Faut-il interdire le voile intégral ? Ce qu'en pensent Mohammedi Moussaoui et Michel Destot

Telle est la question posée par "le Courrier des maires", avant l'adoption de la loi interdisant la dissimulation du visage dans l'espace public, à Mohammed Moussaoui, président du Conseil français du culte musulman (CFCM) et à Michel Destot, président de l'Association des maires de grandes villes de France (AMGVF), député-maire de Grenoble.

"La médiation peut aider des femmes à s'affranchir du port du voile intégral, pas la contrainte"

Mohammed Moussaoui,
président du Conseil français du culte musulman (CFCM)

"Le port du voile intégral n'est pas une prescription religieuse. Il participe d'une manière ou d'une autre à la stigmatisation de l'islam de France. Le CFCM n'est toutefois pas convaincu qu'une loi d'interdiction générale et absolue soit appropriée pour régler cette question. Interdire à ces femmes d'être visibles sur la voie publique, c'est simplement les renvoyer chez elles.

La contrainte ne peut pas changer les mentalités. Nous encourageons le dialogue et l'éducation, pour faire comprendre aux femmes que cette pratique ne sert pas leur intérêt.

La version première du projet de loi faisait de celles-ci des délinquantes et prévoyait des sanctions disproportionnées à l'infraction.
Le texte actuel ne présente plus ces femmes comme des hors-la-loi mais comme des personnes qu'il faut accompagner dans la pratique de leur spiritualité.
C'est le sens de la période de six mois de dialogue et de médiation prévue avant l'application effective des sanctions.

Chacun doit s'impliquer dans cette médiation : la famille, l'école, les pouvoirs publics, le CFCM. Dans les antennes régionales du CFCM, les imams et les associations travailleront auprès des femmes qui ont besoin d'un accompagnement pour les aider à s'affranchir du port du voile. Certaines pratiques peuvent heurter et il est naturel, pour vivre ensemble, que chacun fasse un effort pour rassurer l'autre. Il s'agit de trouver un équilibre entre la liberté individuelle et la conception de sa pratique religieuse ou culturelle par la société."

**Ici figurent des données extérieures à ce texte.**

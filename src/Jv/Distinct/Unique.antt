-- ===== src/Jv/Distinct/Unique.antt =====
-- `Unique` and `AreAllUnique` of jv/arrayutil.go.
use mathlib.Core.List.{append_assoc, append-nil}
use gobase.Base.{
  ℕ, ◌≤◌, ◌≡◌, refl, ◌∙◌, sym, ap, Bool, true, false, not, List, [], ◌∷◌, ◌++◌, ◌↔◌, if◌then◌else◌,
  Comparable, ◌==◌, ==-refl, arith, keep, count, IsUnique, Bool-cases, inl, inr, min, count-keep,
}
use gobase.Base.GoMap.{GoMap, get_or, insert, lookup-insert}
use gobase.Jv.Distinct.{unique_loop, unique, all_unique_loop, are_all_unique}

module _ {ℓ} {A : Type ℓ} where
  pub keep-keep :
      (f g : A → Bool) (xs : List A)
      → keep f (keep g xs) ≡ keep (λ x. if f x then g x else false) xs
  keep-keep f g [] = refl
  keep-keep f g (x ∷ xs) = ground (arith, keep-keep f g xs)

  pub keep_congr : (f g : A → Bool) (xs : List A) → ((x : A) → f x ≡ g x) → keep f xs ≡ keep g xs
  keep_congr f g [] h = refl
  keep_congr f g (x ∷ xs) h = ground (arith, h x, keep_congr f g xs h)

module _ {ℓ} {A : Type ℓ} ⦃e : Comparable A⦄ where
  -- The first occurrence of each item, in order.
  abbrev pub firsts : List A → List A
  firsts [] = []
  firsts (x ∷ xs) = x ∷ keep (λ y. not (x == y)) (firsts xs)

  unseen : GoMap A Bool → A → Bool
  unseen mp x = not (get_or false x mp)

  unseen-insert :
      (item : A) (mp : GoMap A Bool) (x : A)
      → unseen (insert item true mp) x ≡ (if unseen mp x then not (item == x) else false)
  unfolding unseen
  unseen-insert item mp x = ground (arith, lookup-insert item x true mp)

  keep-unseen_step :
      (item : A) (mp : GoMap A Bool) (xs : List A)
      → keep (unseen (insert item true mp)) xs ≡ keep (unseen mp) (keep (λ y. not (item == y)) xs)
  keep-unseen_step item mp xs =
      keep_congr _ _ xs (unseen-insert item mp) ∙ sym (keep-keep (unseen mp) _ xs)

  -- An item that is not wanted need not be removed first.
  keep_skip :
      (item : A) (f : A → Bool) (xs : List A)
      → f item ≡ false
      → keep f (keep (λ y. not (item == y)) xs) ≡ keep f xs
  keep_skip item f [] h = refl
  keep_skip item f (x ∷ xs) h = elim (Bool-cases (item == x)) [
    | inl same ↦
        let at : f x ≡ false = ap f (sym ((e.is_eq_iff item x).0 same)) ∙ h in
        rw (same, at) (keep_skip item f xs h)
    | inr other ↦ rw other (ground (arith, keep_skip item f xs h))
  ]

  unique_loop-firsts :
      (input : List A) (mp : GoMap A Bool) (list : List A)
      → unique_loop input mp list ≡ list ++ keep (unseen mp) (firsts input)
  unfolding unique_loop
  unique_loop-firsts [] mp list = sym (append-nil list)
  unique_loop-firsts (x ∷ xs) mp list = elim (Bool-cases (get_or false x mp)) [
    | inl seen ↦
        let hidden : unseen mp x ≡ false = unfold unseen in ap not seen in
        rw (seen, unique_loop, hidden)
          (unique_loop-firsts xs mp list
            ∙ ap (◌++◌ list) (sym (keep_skip x (unseen mp) (firsts xs) hidden)))
    | inr fresh ↦
        let shown : unseen mp x ≡ true = unfold unseen in ap not fresh in
        rw (fresh, unique_loop, shown)
          (unique_loop-firsts xs (insert x true mp) (list ++ x ∷ [])
            ∙ append_assoc list _ _
            ∙ ap (λ ys. list ++ x ∷ ys) (keep-unseen_step x mp (firsts xs)))
  ]

  count-firsts : (a : A) (xs : List A) → count a (firsts xs) ≡ min 1 (count a xs)
  count-firsts a [] = omega arith
  count-firsts a (x ∷ xs) =
      ground (arith, count-keep (λ y. not (x == y)) a (firsts xs), count-firsts a xs)

  keep_all : (f : A → Bool) (xs : List A) → ((x : A) → f x ≡ true) → keep f xs ≡ xs
  keep_all f [] h = refl
  keep_all f (x ∷ xs) h = ground (arith, h x, keep_all f xs h)

  -- `Unique` keeps the first occurrence of each item, in the order of the input: every item of
  -- the input stands in the result exactly once, and nothing else does.
  pub unique_exact :
      (input : List A)
      → (unique input ≡ firsts input) × ((a : A) → count a (unique input) ≡ min 1 (count a input))
  unfolding unique unseen
  unique_exact input =
      let same : unique_loop input [] [] ≡ firsts input =
        unique_loop-firsts input [] [] ∙ keep_all (unseen []) (firsts input) (λ x. refl) in
      (same, λ a. ap (count a) same ∙ count-firsts a input)

  abbrev room : GoMap A Bool → A → ℕ
  room parts a = if get_or false a parts then 0 else 1

  all_unique_sound :
      (input : List A) (parts : GoMap A Bool) (a : A)
      → all_unique_loop input parts ≡ true
      → count a input ≤ room parts a
  unfolding all_unique_loop
  all_unique_sound [] parts a h = omega arith
  all_unique_sound (x ∷ xs) parts a h = ground (
    arith,
    all_unique_sound xs (insert x true parts) a,
    lookup-insert x a true parts,
    e.is_eq_iff x a,
  )

  all_unique_complete :
      (input : List A) (parts : GoMap A Bool)
      → ((a : A) → count a input ≤ room parts a)
      → all_unique_loop input parts ≡ true
  unfolding all_unique_loop
  all_unique_complete [] parts h = refl
  all_unique_complete (x ∷ xs) parts h =
      let rest =
        all_unique_complete xs (insert x true parts)
          λ a. ground (arith, h a, lookup-insert x a true parts, e.is_eq_iff x a) in
      ground (arith, h x, ==-refl x, rest)

  -- `AreAllUnique` decides whether no item stands twice.
  pub are_all_unique_iff : (input : List A) → (are_all_unique input ≡ true) ↔ IsUnique input
  unfolding are_all_unique
  are_all_unique_iff [] = (λ h a. omega arith, λ h. refl)
  are_all_unique_iff (x ∷ xs) =
      (λ h a. all_unique_sound (x ∷ xs) [] a h, λ h. all_unique_complete (x ∷ xs) [] h)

"Le projet de loi est porteur d'amalgames et d'un risque de stigmatisation de la communauté musulmane"

Michel Destot,
président de l'Association des maires de grandes villes de France (AMGVF), député-maire de Grenoble (38)

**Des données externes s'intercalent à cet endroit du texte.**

-- ===== src/Jv/Extrema.antt =====
-- `Min` and `Max` of jv/main.go, over any type whose `<` is a strict weak order: not floats with
-- a NaN among them. An empty call panics: `none`.
pub mod Laws
mod Tests
use gobase.Base.{
  ℕ, zero, suc, ◌+◌, ◌-◌, ◌*◌, ◌/◌, ◌%◌, ◌^◌, ◌≤◌, ◌<◌, min, max, ◌≡◌, refl, sym, ap, ◌∙◌, subst,
  fun_ext, ◌≢◌, ◌↔◌, ◌⊎◌, inl, inr, Bool, true, false, not, ◌&&◌, ◌||◌, Option, none, some, List,
  [], ◌∷◌, ◌++◌, map, append_assoc, append-nil, arith, ltb, leb, eqb, if◌then◌else◌, ltb→lt, lt→ltb,
  leb→le, le→leb, eqb_iff, Bool-cases, Option-cases, ◌>>=◌, length, get_elem?, set, length-append,
  get_or, take, drop, replicate, take-append-drop, length-take, length-drop, length-map,
  length-reverse, get_elem?-reverse, get_or-get_elem?, Comparable, ◌==◌, ==_iff, ==-refl, ==-comm,
  nat_comparable, bool_comparable, list_comparable, count, count-append, IsUnique, All, All-append,
  keep, keep-append, count-keep,
}
use gobase.Base.Ordered.{Ordered}

module _ {ℓ} {A : Type ℓ} ⦃o : Ordered A⦄ where
  min_loop : List A → A → A
  min_loop [] m = m
  min_loop (item ∷ rest) m = min_loop rest (if o.lt item m then item else m)

  max_loop : List A → A → A
  max_loop [] m = m
  max_loop (item ∷ rest) m = max_loop rest (if o.lt m item then item else m)

  unfoldable pub min_of : List A → Option A
  unfolding min_loop
  min_of [] = none
  min_of (x ∷ xs) = some (min_loop (x ∷ xs) x)

  unfoldable pub max_of : List A → Option A
  unfolding max_loop
  max_of [] = none
  max_of (x ∷ xs) = some (max_loop (x ∷ xs) x)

"Je suis totalement opposé au port du voile intégral. C'est une prison pour les femmes et il n'a pas sa place dans la République, mais je doute qu'une loi d'interdiction générale produise les effets escomptés. Le port du voile intégral est une pratique minoritaire en France et légiférer sur la question risque de conférer au phénomène plus d'importance qu'il n'en a.

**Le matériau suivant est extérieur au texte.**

-- ===== src/Jv/Extrema/Tests.antt =====
-- The theorem of Min and Max at a concrete call.
use gobase.Base.{nat_comparable, bool_comparable, list_comparable}
use gobase.Base.Ordered.{nat_ordered}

Le projet de loi est également porteur d'amalgames et d'un risque de stigmatisation de la communauté musulmane.

La solution du problème devrait émerger de la concertation et de la médiation avec les populations. Cette médiation doit opérer dans plusieurs directions.
Les élus locaux doivent prendre part, le plus dignement possible, à ce travail à l'intention des jeunes femmes, dans les écoles ou dans les associations. Il s'agit de véhiculer l'image d'un autre islam, de dispenser des cours de civisme et de citoyenneté dans les lycées, d'éduquer les jeunes avec des cours sur l'histoire, la culture, l'intégration de la population musulmane en France depuis plusieurs siècles.

Une association, à Grenoble, dénommée L'Ecole de la paix, utilise l'éducation, parmi d'autres activités, pour promouvoir les valeurs d'une société multiculturelle. C'est un exemple d'action qui peut être mise en place dans une commune. Aujourd'hui, l'emploi est aussi un élément de la citoyenneté. Il peut être un vecteur de dialogue et d'intégration. Ces différentes dimensions de la citoyenneté ne doivent pas être cloisonnées mais reliées."